Dünya da, ülkemiz de gerçekten çok zor, sıkıntılı günler yaşıyor. Pandemi gündemin değişmezi, Türkiye’de de!.. Aylarca bilim insanların, tabip odalarının paylaştığı bilgilerin ve virüse karşı tam kapanma önerilerinin doğruluğu ortaya çıktı. Ve Türkiye dünyada vaka sayısında sıralamasında 21 sıra yukarı çıktı, Avrupa’da da birinciliğe! Bazı Bilim Kurulu üyeleri bile gerçek sayılardan habersiz olduklarını itiraf etti. Örneğin Prof. Dr. Tevfik Özlü; “Bugüne kadar toplam vaka sayısını bilmeden toplantılar yaptıklarının, öğrenmelerini iyi olduğunu” söyledi ekrandan. Vaka sayısına vakıf olmayan Bilim Kurulu ne işe yarar ki?
Usta Haberci Uğur Dündar da attığı tweette, “Bilim Kurulu üyeleri acaba rahat uyuyorlar mı?” sorusunu sormakta haksız mı? Sağlık Bakanlığı gözümüze baka baka yanlış bilgileri o turkuaz tabloyla paylaşmasaydı, baştan beri şeffaf ve güven duyulacak bir yaklaşım gösterilseydi; salgın bu noktaya gelir miydi?

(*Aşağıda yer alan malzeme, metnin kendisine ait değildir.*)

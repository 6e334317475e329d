-- ===== src/TcpServer/Life/Apart.antt =====
-- A turn in the life of one connection of mtnet/TcpServer.cc leaves the others alone.
use mtnet.Prelude.{
  ℕ, ◌+◌, ◌≡◌, refl, sym, ap, ◌∙◌, subst, List, [], ◌∷◌, ◌++◌, Bool, false, some, arith,
}
use mtnet.Prelude.Bags.{bit, count, take_at, count-take_at}
use mtnet.TcpServer.Defs.{TcpServer, Request}
use mtnet.TcpServer.Life.Defs.{Polled}
use mtnet.TcpServer.Life.Phases.{
  Phase, unused, accepted, live, closed, removed, gone, is_used, to_establish, to_remove,
  to_destroy, is_known, is_establish, is_destroy, is_at, InPhase, Fits, count_last,
}

-- What the turn of another connection leaves alone.
pub record IsApart (s t : TcpServer) (c d : Polled) (rs ss : List ℕ) (b : ℕ) : Type 0 where
  pub establishes : count (is_establish b) t.requests ≡ count (is_establish b) s.requests
  pub destroys : count (is_destroy b) t.requests ≡ count (is_destroy b) s.requests
  pub removes : count (is_at b) ss ≡ count (is_at b) rs
  pub known : t.connection_at b ≡ s.connection_at b
  pub listed : (n : List ℕ) → s.connections n ≡ some b → t.connections n ≡ some b
  pub connection : d ≡ c

pub IsApart-Fits :
    (s t : TcpServer) (c d : Polled) (rs ss : List ℕ) (b : ℕ) (p : Phase)
    → IsApart s t c d rs ss b
    → Fits s c rs b p
    → Fits t d ss b p
IsApart-Fits s t c d rs ss b p a f = record {
  establishes = a.establishes ∙ f.establishes;
  destroys = a.destroys ∙ f.destroys;
  removes = a.removes ∙ f.removes;
  known = ap is_known a.known ∙ f.known;
  listed = λ r. let (x, at, reg) = f.listed r in (x, a.known ∙ at, a.listed x.name reg);
  in_phase = subst (λ x. InPhase p x) (sym a.connection) f.in_phase;
}

pub unused-of : (p : Phase) → is_used p ≡ false → p ≡ unused
unused-of unused h = refl
unused-of accepted h = cc
unused-of live h = cc
unused-of closed h = cc
unused-of removed h = cc
unused-of gone h = cc

pub accepted-of : (p : Phase) (k : ℕ) → to_establish p ≡ 1 + k → (p ≡ accepted) × (k ≡ 0)
accepted-of accepted k h = (refl, omega (arith, h))
accepted-of unused k h = absurd (omega (arith, h))
accepted-of live k h = absurd (omega (arith, h))
accepted-of closed k h = absurd (omega (arith, h))
accepted-of removed k h = absurd (omega (arith, h))
accepted-of gone k h = absurd (omega (arith, h))

pub removed-of : (p : Phase) (k : ℕ) → to_destroy p ≡ 1 + k → (p ≡ removed) × (k ≡ 0)
removed-of removed k h = (refl, omega (arith, h))
removed-of unused k h = absurd (omega (arith, h))
removed-of live k h = absurd (omega (arith, h))
removed-of closed k h = absurd (omega (arith, h))
removed-of accepted k h = absurd (omega (arith, h))
removed-of gone k h = absurd (omega (arith, h))

pub closed-of : (p : Phase) (k : ℕ) → to_remove p ≡ 1 + k → (p ≡ closed) × (k ≡ 0)
closed-of closed k h = (refl, omega (arith, h))
closed-of unused k h = absurd (omega (arith, h))
closed-of live k h = absurd (omega (arith, h))
closed-of accepted k h = absurd (omega (arith, h))
closed-of removed k h = absurd (omega (arith, h))
closed-of gone k h = absurd (omega (arith, h))

-- A request for `a` is none of `b`'s.
pub last-apart :
    (f : Request → Bool) (rs ss : List Request) (r : Request)
    → ss ≡ rs ++ r ∷ []
    → f r ≡ false
    → count f ss ≡ count f rs
last-apart f rs ss r e n =
    let c = count_last f rs r in
    let z : bit (f r) ≡ 0 = ap bit n in ap (count f) e ∙ omega (arith, c, z)

-- Nor is one that is taken out.
pub request-apart :
    (f : Request → Bool) (i : ℕ) (rs : List Request) (r : Request) (rest : List Request)
    → take_at i rs ≡ some (r, rest)
    → f r ≡ false
    → count f rest ≡ count f rs
request-apart f i rs r rest h n =
    let e = count-take_at f i rs r rest h in let z : bit (f r) ≡ 0 = ap bit n in omega (arith, e, z)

Salgının başından beri testlerde kaç kişi pozitifti, hakikaten kaç vatandaşımızı kaybettik? Her gün başta alkışa boğduğumuz sağlıkçılarımızı şehit verir miydik? Neden... Neden bu veriler bizlerle paylaşılmadı? O güven ve şeffaflık tesis edilseydi, Türkiye de virüse karşı en iyi mücadeleyi veren bir ülke olmaz mıydı? Doğru verilerin şimdi açıklanmasının nedeni; aşı üreticilerinin dağıtımının, vaka sayılarına göre yapma ihtimali söz konusu olabilir mi?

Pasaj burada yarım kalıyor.